The United States District Court for the Southern District of Ohio recently dismissed a class action seeking damages for injuries stemming from a data breach at Nationwide Mutual Insurance Company. Galaria v. Nationwide Mut. Ins. Co. 2014 U.S. Dist. LEXIS 23798 was filed after Nationwide’s computer system was hacked on October 3, 2012 and the personally identifiable information (PII) of over 1 million customers and potential customers was compromised.
Nationwide provided notice to the affected individuals on November 16, 2012, informing them of the data breach and that the compromised data included names, social security numbers, driver’s license numbers, and dates of birth. Nationwide offered the affected class one year of free credit monitoring and identity theft protection.
The putative class filed suit alleging injuries stemming from the data breach and seeking damages in three categories: (1) increased risk of harm/cost to mitigate increased risk of identity theft; (2) loss of privacy; and (3) deprivation of the value of their PII.

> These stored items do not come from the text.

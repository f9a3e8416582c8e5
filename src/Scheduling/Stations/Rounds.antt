-- ===== src/Scheduling/Stations/Rounds.antt =====
-- What a run over the stations keeps, whatever a station chooses among its candidates.
use text.Mathlib.TextEquality.{eq_iff}
use mathlib.Core.List.{
  Mem-prop, not-mem-nil, mem-cons, mem-cons_self, mem-append, mem-map, map-append, Pairwise-append,
}
use mathlib.Core.List.Subperm
use mathlib.Core.Logic.Or
use mathlib.Core.Bool.{Bool-set}
use mathlib.Core.HLevel.{¬_prop}
use mathlib.Core.Logic.{∥∥₁_prop}
use mathlib.Core.Path.{subst}
use sda_system.Prelude.{
  ℕ, ◌≤◌, ◌≡◌, ◌≢◌, refl, sym, ◌∙◌, ap, true, false, List, [], ◌∷◌, ◌++◌, map, Mem, Pairwise,
  Subperm, String, arith, select-mem, elem, Mem→elem, le_prop,
}
use sda_system.Models.{SatellitePass, GroundStation, Apart, ConflictFree}
use sda_system.Scheduling.Stations.{Run, Writes, start_run, extend, candidates, is_candidate}

-- Two scheduled passes: at one station they do not overlap, and at two they are of two satellites.
pub record Compatible (p q : SatellitePass) : Type 0 where
  pub apart : p.station_id ≡ q.station_id → Apart p q
  pub distinct : p.station_id ≢ q.station_id → p.norad_id ≢ q.norad_id

Compatible-prop : (p q : SatellitePass) → IsProp (Compatible p q)
Compatible-prop p q = hlevel

-- The stations in turn: each takes up what it chose among its candidates.
pub data Rounds (start_time end_time : ℕ) (writes : Writes)
    (Chosen : GroundStation → List SatellitePass → List SatellitePass → Type 0)
    : List GroundStation → Run → Run → Type 0 where
  done : {run : Run} → Rounds start_time end_time writes Chosen [] run run
  round :
      {station : GroundStation} {rest : List GroundStation} {run last : Run}
      (selected : List SatellitePass)
      → Chosen station
          (candidates run.table station.station_id start_time end_time run.satellites)
          selected
      → Rounds start_time end_time writes Chosen rest (extend writes run selected) last
      → Rounds start_time end_time writes Chosen (station ∷ rest) run last

-- The open rows of the one table are rows of the other.
abbrev pub OpensWithin : List SatellitePass → List SatellitePass → Type 0
OpensWithin table db = (p : SatellitePass) → Mem p table → p.is_scheduled ≡ false → Mem p db

module _ (db : List SatellitePass) (start_time end_time : ℕ) where
  -- A row that a run may schedule: it was open, and lies within the horizon.
  pub record IsOpen (p : SatellitePass) : Type 0 where
    pub row : Mem p db
    pub unscheduled : p.is_scheduled ≡ false
    pub after_start : start_time ≤ p.rise_time
    pub before_end : p.set_time ≤ end_time

  IsOpen-prop : (p : SatellitePass) → IsProp (IsOpen p)
  IsOpen-prop p = hlevel (le_prop, Mem-prop, Bool-set)

  -- The whole schedule: who may stand in it, which satellites it names, and that it fits together.
  pub record IsSchedule (stations : List GroundStation) (run : Run) : Type 0 where
    pub compatible : Pairwise Compatible run.scheduled
    pub satellites : run.satellites ≡ map (λ p. p.norad_id) run.scheduled
    pub eligible : (p : SatellitePass) → Mem p run.scheduled → IsOpen p
    pub placed :
        (p : SatellitePass)
        → Mem p run.scheduled
        → ∥ ((s : GroundStation) × Mem s stations × (s.station_id ≡ p.station_id)) ∥₁

  -- What a candidate is.
  candidate_lem :
      (table : List SatellitePass)
      → OpensWithin table db
      → (station_id : String) (satellites : List ℕ) (p : SatellitePass)
      → Mem p (candidates table station_id start_time end_time satellites)
      → IsOpen p × (p.station_id ≡ station_id) × ¬ Mem p.norad_id satellites
  unfolding candidates is_candidate
  candidate_lem table within station_id satellites p m =
      let (row, passed) = select-mem _ table p m in
      let unscheduled : p.is_scheduled ≡ false = ground arith in
      (
        record {
          row = within p row unscheduled;
          unscheduled = unscheduled;
          after_start = ground arith;
          before_end = ground arith;
        },
        (eq_iff _ _).0 (ground arith),
        λ k. seen (Mem→elem _ _ k) passed,
      )
    where
      seen :
          elem p.norad_id satellites ≡ true
          → is_candidate station_id start_time end_time satellites p ≡ true
          → ⊥
      seen e k = ground arith

  module _ (writes : Writes)
      (keeps : (sel table : List SatellitePass) → OpensWithin (writes sel table) table)
      (Chosen : GroundStation → List SatellitePass → List SatellitePass → Type 0)
      (selects : (station : GroundStation) (cs sel : List SatellitePass)
        → Chosen station cs sel
        → Subperm sel cs × ConflictFree sel) where
    module _ (all : List GroundStation) (station : GroundStation) (run : Run)
        (sel : List SatellitePass) (within : OpensWithin run.table db)
        (chosen : Chosen station
          (candidates run.table station.station_id start_time end_time run.satellites)
          sel)
        (sched : IsSchedule all run) where
      chosen_lem :
          (p : SatellitePass)
          → Mem p sel
          → IsOpen p × (p.station_id ≡ station.station_id) × ¬ Mem p.norad_id run.satellites
      chosen_lem p m =
          candidate_lem run.table within station.station_id run.satellites p
            (Subperm.subset (selects _ _ _ chosen).0 p m)

      chosen-Compatible : Pairwise Compatible sel
      chosen-Compatible = together sel (λ p m. m) (selects _ _ _ chosen).1
        where
          together :
              (l : List SatellitePass)
              → ((p : SatellitePass) → Mem p l → Mem p sel)
              → ConflictFree l
              → Pairwise Compatible l
          together [] sub c = Pairwise.nil
          together (p ∷ l) sub (Pairwise.cons h c) =
              Pairwise.cons
                (λ q m. record {
                  apart = λ e. h q m;
                  distinct = λ ne. absurd (
                      ne (
                        (chosen_lem p (sub p mem-cons_self)).1
                        ∙ sym (chosen_lem q (sub q (mem-cons.1 (Or.inr m)))).1));
                })
                (together l (λ q m. sub q (mem-cons.1 (Or.inr m))) c)

      -- Taking up what the station chose keeps the schedule whole.
      IsSchedule-extend :
          Mem station all
          → ((p : SatellitePass) → Mem p run.scheduled → p.station_id ≢ station.station_id)
          → IsSchedule all (extend writes run sel)
      IsSchedule-extend here fresh = record {
        compatible = (Pairwise-append Compatible-prop).1 (
          sched.compatible,
          chosen-Compatible,
          λ p m q n. record {
            apart = λ e. absurd (fresh p m (e ∙ (chosen_lem q n).1));
            distinct = λ ne e.
                (chosen_lem q n).2
                  (subst (Mem q.norad_id) (sym sched.satellites) (mem-map.1 ∣ (p, m, e) ∣₁));
          },
        );
        satellites =
            ap (λ l. l ++ map (λ (p : SatellitePass). p.norad_id) sel) sched.satellites
            ∙ sym (map-append _ run.scheduled sel);
        eligible = λ p m.
            Or.elim (IsOpen-prop p) (mem-append.0 m) (sched.eligible p) (λ k. (chosen_lem p k).0);
        placed = λ p m.
            Or.elim ∥∥₁_prop (mem-append.0 m) (sched.placed p)
              (λ k. ∣ (station, here, sym (chosen_lem p k).1) ∣₁);
      }

    Rounds-IsSchedule :
        (all stations : List GroundStation) (run last : Run)
        → ((s : GroundStation) → Mem s stations → Mem s all)
        → Pairwise (λ (s t : GroundStation). s.station_id ≢ t.station_id) stations
        → ((p : SatellitePass)
            → Mem p run.scheduled
            → (s : GroundStation) → Mem s stations
            → p.station_id ≢ s.station_id)
        → OpensWithin run.table db
        → IsSchedule all run
        → Rounds start_time end_time writes Chosen stations run last
        → IsSchedule all last
    Rounds-IsSchedule all [] run last sub apart fresh within sched Rounds.done = sched
    Rounds-IsSchedule all (s ∷ ss) run last sub (Pairwise.cons differ apart) fresh within sched
          (Rounds.round sel chosen rest) =
        Rounds-IsSchedule all ss (extend writes run sel) last (λ t m. sub t (mem-cons.1 (Or.inr m)))
          apart
          (λ p m t n.
            Or.elim ¬_prop (mem-append.0 m) (λ k. fresh p k t (mem-cons.1 (Or.inr n)))
              (λ k e. differ t n (sym (chosen_lem all s run sel within chosen sched p k).1 ∙ e)))
          (λ p m open_row. within p (keeps sel run.table p m open_row) open_row)
          (IsSchedule-extend all s run sel within chosen sched (sub s mem-cons_self)
            (λ p m. fresh p m s mem-cons_self))
          rest

    -- On stations with distinct keys, a run from nothing is a schedule.
    pub start-IsSchedule :
        (stations : List GroundStation) (last : Run)
        → Pairwise (λ (s t : GroundStation). s.station_id ≢ t.station_id) stations
        → Rounds start_time end_time writes Chosen stations (start_run db) last
        → IsSchedule stations last
    start-IsSchedule stations last apart rounds =
        Rounds-IsSchedule stations stations (start_run db) last (λ s m. m) apart
          (λ p m. absurd (not-mem-nil m)) (λ p m u. m)
          (record {
            compatible = Pairwise.nil;
            satellites = refl;
            eligible = λ p m. absurd (not-mem-nil m);
            placed = λ p m. absurd (not-mem-nil m);
          })
          rounds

Nationwide’s defense was that plaintiffs did not suffer a cognizable injury and thus lacked appropriate standing to sue.
In its analysis, the Court discussed two distinct lines of data breach cases – those such as Reilly v. Ceridian Corp, 664 F.3d 38 (3rd Cir. 2011) and In re Barnes & Noble Pin Pad Litg., 2013 U.S. Dist. LEXIS 125730 (N.D. Ill. Sept. 3, 2013) that dismissed data breach actions on dispositive motion practice by finding plaintiffs lacked requisite standing or were otherwise unable to prove the damages element of their claims and those that found plaintiffs have standing in such data breach cases like Krottner v. Starbucks Corp, 628 F.3d 1139 (9th Cir. 2010) and Sutton v. St. Jude Med. S.C., Inc., 419 F.3d 568 (6th Cir. 2005).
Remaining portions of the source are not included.